Thanks.  i've used spring forms but my current pans have a little lip and that makes it impossible to get at the bottom.  I will try an anodized alumnum pan and see how it work in the bain marie and how hard it it to remove the cake once chilled.

I do not use a graham cracker type of crust so I've a little apprehesive about slidnig a cake round under neath.  I'll just have to give it a try using parchment as you suggested on the side and bottom.  I agree that you do not want to run a knife around the sides.

Are they any issues with Aluminum pans imarting a metalic taste to the cake?  I was hoping that that will not be an issue with an anodized pan.


----------



## siduri

AObakery said:


> Thanks. i've used spring forms but my current pans have a little lip and that makes it impossible to get at the bottom. I will try an anodized alumnum pan and see how it work in the bain marie and how hard it it to remove the cake once chilled.
> 
> I do not use a graham cracker type of crust so I've a little apprehesive about slidnig a cake round under neath. I'll just have to give it a try using parchment as you suggested on the side and bottom. I agree that you do not want to run a knife around the sides.
> 
> Are they any issues with Aluminum pans imarting a metalic taste to the cake? I was hoping that that will not be an issue with an anodized pan.


Do you mean that the bottom part of the springform, the plain disk, has a lip? The lip goes down, not up. Of you put the springform together with the lip facing down, there will be a smooth side up and you can slide a spatula or knife under it. Every time someone else does my dishes here, they always put the springform back together with the lip up - for some reason. That's what made me think of it, but maybe you;re talking about something else?


----------



## rlyv

AObakery said:


> Thanks. i've used spring forms but my current pans have a little lip and that makes it impossible to get at the bottom. I will try an anodized alumnum pan and see how it work in the bain marie and how hard it it to remove the cake once chilled.
> 
> I do not use a graham cracker type of crust so I've a little apprehesive about slidnig a cake round under neath. I'll just have to give it a try using parchment as you suggested on the side and bottom. I agree that you do not want to run a knife around the sides.
> 
> Are they any issues with Aluminum pans imarting a metalic taste to the cake? I was hoping that that will not be an issue with an anodized pan.


I don't use a water bath, so can't really help with that. Since you don't use a crust, my only suggestion would be to freeze it to make it solid enough to move. I haven't noticed any pans contributing an off flavor, and I've used everything from really cheap springforms to heavy duty ones.

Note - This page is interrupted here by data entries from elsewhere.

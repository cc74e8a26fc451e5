-- ===== src/Captures/Classifying.antt =====
-- `route_capture_agentically`. The completion of the provider router, with its configuration and
-- messages, is a parameter; life_os_vnex.Providers says which completion that is.
use life_os_vnex.Prelude.{
  ℕ, String, true, false, Option, none, some, List, [], ◌∷◌, ◌++◌, if◌then◌else◌, ◌==◌,
}
use life_os_vnex.Prelude.Text.{◌⧺◌, member, take_text}
use life_os_vnex.Prelude.Json.{Json, Float, Fields, null, bool, str, fields_of}
use life_os_vnex.Prelude.Env.{Env}
use life_os_vnex.State.{
  StatusEventRow, ProviderCallLog, Exception, Result, ok, raise, type_name, message_of, Action,
  pure, throw, lift, modify, ◌>>=◌, ◌>>◌, new_id, utc_now, create_status_event,
}
use life_os_vnex.Orchestrator.{Draft, draft_from_capture}
use life_os_vnex.Providers.{ProviderCompletion}
use life_os_vnex.Captures.Answers.{draft_from_provider}

-- `try: … except Exception as exc: …`
unfoldable pub caught : {A : Type 0} → Action A → (Exception → Action A) → Action A
caught m handle s = elim (m s).0 [ ok a ↦ (ok a, (m s).1) | raise e ↦ handle e (m s).1 ]

module _ (env : Env) where
  -- `_provider_log`
  unfoldable pub provider_log : String → String → String → ProviderCompletion → ℕ → ProviderCallLog
  provider_log id run agent c now = record {
    id = id;
    run_id = some run;
    agent_id = some agent;
    provider_id = c.provider;
    model = c.model;
    key_label = c.key_label;
    status = "succeeded";
    latency_ms = c.latency_ms;
    input_tokens = c.input_tokens;
    output_tokens = c.output_tokens;
    cost_usd = Float.num 0;
    error_json = none;
    created_at = now;
  }

  abbrev failure_log : String → String → Exception → ℕ → ProviderCallLog
  failure_log id run e now = record {
    id = id;
    run_id = some run;
    agent_id = some "capture-router";
    provider_id = "unavailable";
    model = "capture-router";
    key_label = null;
    status = "failed";
    latency_ms = 0;
    input_tokens = Json.int 0;
    output_tokens = Json.int 0;
    cost_usd = Float.num 0;
    error_json = some (
        fields_of
          (("type", str (type_name e)) ∷ ("message", str (take_text 1000 (message_of e))) ∷ []));
    created_at = now;
  }

  abbrev log_call : ProviderCallLog → Action Unit
  log_call row = modify (λ s. record s { provider_calls = s.provider_calls ++ row ∷ [] })

  abbrev run_event : String → String → String → String → Fields → String → ℕ → StatusEventRow
  run_event run type title visibility detail id now = record {
    id = id;
    run_id = some run;
    event_type = type;
    visibility = visibility;
    title = title;
    detail_json = detail;
    created_at = now;
  }

  module _ (order : List String) (complete : Result ProviderCompletion) where
    -- The answer of the provider, from the completion on.
    unfoldable pub answered_route :
        String → Option String → String → String → Action (Draft × Fields)
    answered_route capture_id raw run log_id = do
      c ← lift complete
      draft ← lift (draft_from_provider env capture_id c.content raw)
      now ← utc_now env
      log_call (provider_log log_id run draft.agent_id c now)
      create_status_event env (
          run_event run "agentic_router.completed" ("Agentic router selected " ⧺ draft.agent_id)
            "discord_compact"
            (fields_of
              (("provider_call_log_id", str log_id) ∷ ("agent_id", str draft.agent_id) ∷ [])))
      pure (
        draft,
        fields_of (
            ("provider", str c.provider)
            ∷ ("model", str c.model)
            ∷ ("provider_call_log_id", str log_id)
            ∷ ("fallback_used", bool false)
            ∷ []),
      )

    -- The deterministic draft in the place of an answer.
    unfoldable pub fallback_route :
        String → Option String → String → String → String → Exception → Action (Draft × Fields)
    fallback_route capture_id raw platform run log_id e = do
      let draft = draft_from_capture env order capture_id raw platform
      create_status_event env (
          run_event run "agentic_router.fallback_deterministic"
            "Provider unavailable; deterministic fallback used" "discord_compact"
            (fields_of (
              ("error", str (take_text 500 (message_of e)))
              ∷ ("agent_id", str draft.agent_id)
              ∷ [])))
      pure (
        draft,
        fields_of (
            ("provider", str "deterministic")
            ∷ ("model", str "capture-router-v1")
            ∷ ("provider_call_log_id", str log_id)
            ∷ ("fallback_used", bool true)
            ∷ ("fallback_reason", str (take_text 500 (message_of e)))
            ∷ []),
      )

    abbrev degraded :
        String
        → Option String
        → String
        → String
        → String
        → String
        → Exception
        → Action (Draft × Fields)
    degraded capture_id raw platform run mode log_id e =
        if mode == "agentic" then throw e else fallback_route capture_id raw platform run log_id e

    -- What is done about an exception on the way to the answer.
    unfoldable pub failed_route :
        String
        → Option String
        → String
        → String
        → String
        → String
        → Exception
        → Action (Draft × Fields)
    failed_route capture_id raw platform run mode log_id e = do
      now ← utc_now env
      log_call (failure_log log_id run e now)
      degraded capture_id raw platform run mode log_id e

    abbrev known_mode : String → String
    known_mode mode =
        if member mode ("agentic" ∷ "deterministic" ∷ "hybrid" ∷ []) then mode else "hybrid"

    -- `route_capture_agentically`
    unfoldable pub route_capture :
        String → Option String → String → String → String → Action (Draft × Fields)
    route_capture capture_id raw platform run router_mode =
        let mode = known_mode router_mode in
        if mode == "deterministic"
        then pure (
          draft_from_capture env order capture_id raw platform,
          fields_of (
              ("provider", str "deterministic")
              ∷ ("model", str "capture-router-v1")
              ∷ ("fallback_used", bool false)
              ∷ []),
        )
        else (do
          create_status_event env (
              run_event run "provider.call_started" "Provider routing started" "web_only"
                (fields_of (("agent_id", str "capture-router") ∷ ("mode", str mode) ∷ [])))
          log_id ← new_id env "pcall"
          caught (answered_route capture_id raw run log_id)
              (failed_route capture_id raw platform run mode log_id))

Some of the pans I have at home have that same type of lip. But, since I use a crust, I can lift it up. There are some pans, like the ones I'm using at my new job, that have a raised base inside the pan, and the sides clamp around it. Makes cutting and lifting slices (or the whole thing) very easy.


----------



## aobakery

i have not seen a pan like that and i'm searching around to see what's out there.  Can you tell me who makes that pan or who the supplier.


----------



## aobakery

I don't know if my pan can work that way but I will check that out.  Be funny it that is what happened.  Thanks.


----------



## jasonnstl75

Actually really easy tip.  Take a piece of parchment paper that is bigger than the pan.  Prepare the pan as normal...whatever you normally do.  Assemble the pan with parchment paper in the middle.  So base, parchment paper, then sides.  The paper should stick out of the pan on the bottom.

After cake is baked and cooled...release sides and remove.  Then you can simply lift the cake off the bottom pan by using the ends of the parchment paper as handles.  Peel the paper back on one corner of the cake and as you lay it on your final plate peel the paper off.


----------



## aobakery

thanks.  I tried that with foil but not with parchment.  It makes it possible to move the cake off the pan but I had never tried to remove the foil liner fearing I would damage the cake.

I picked some pans from fat daddio that have removable bottoms like a tart pan.  So far they are working very well and no leaks in the water bath while the cake cooks.  I also use a parchment round in the pan which I can leave on the cake and not worry about removing it since it has a clean edge.  In theory I cake use one of the bottoms to hold the cake and feel away the parchment round.  Don't know that it is worth the risk of damaging the cake.


----------



## phatch

I've never found a good spring form pan. i've taken to baking my cheesecake in a 9" silicone cake pan. Spray the pan with cooking spray oil. Cut a piece of parchment paper to fit the bottom evenly. Spray again. Proceed as your recipe directs. This is particularly good for bain marie cooking as it will not leak as well.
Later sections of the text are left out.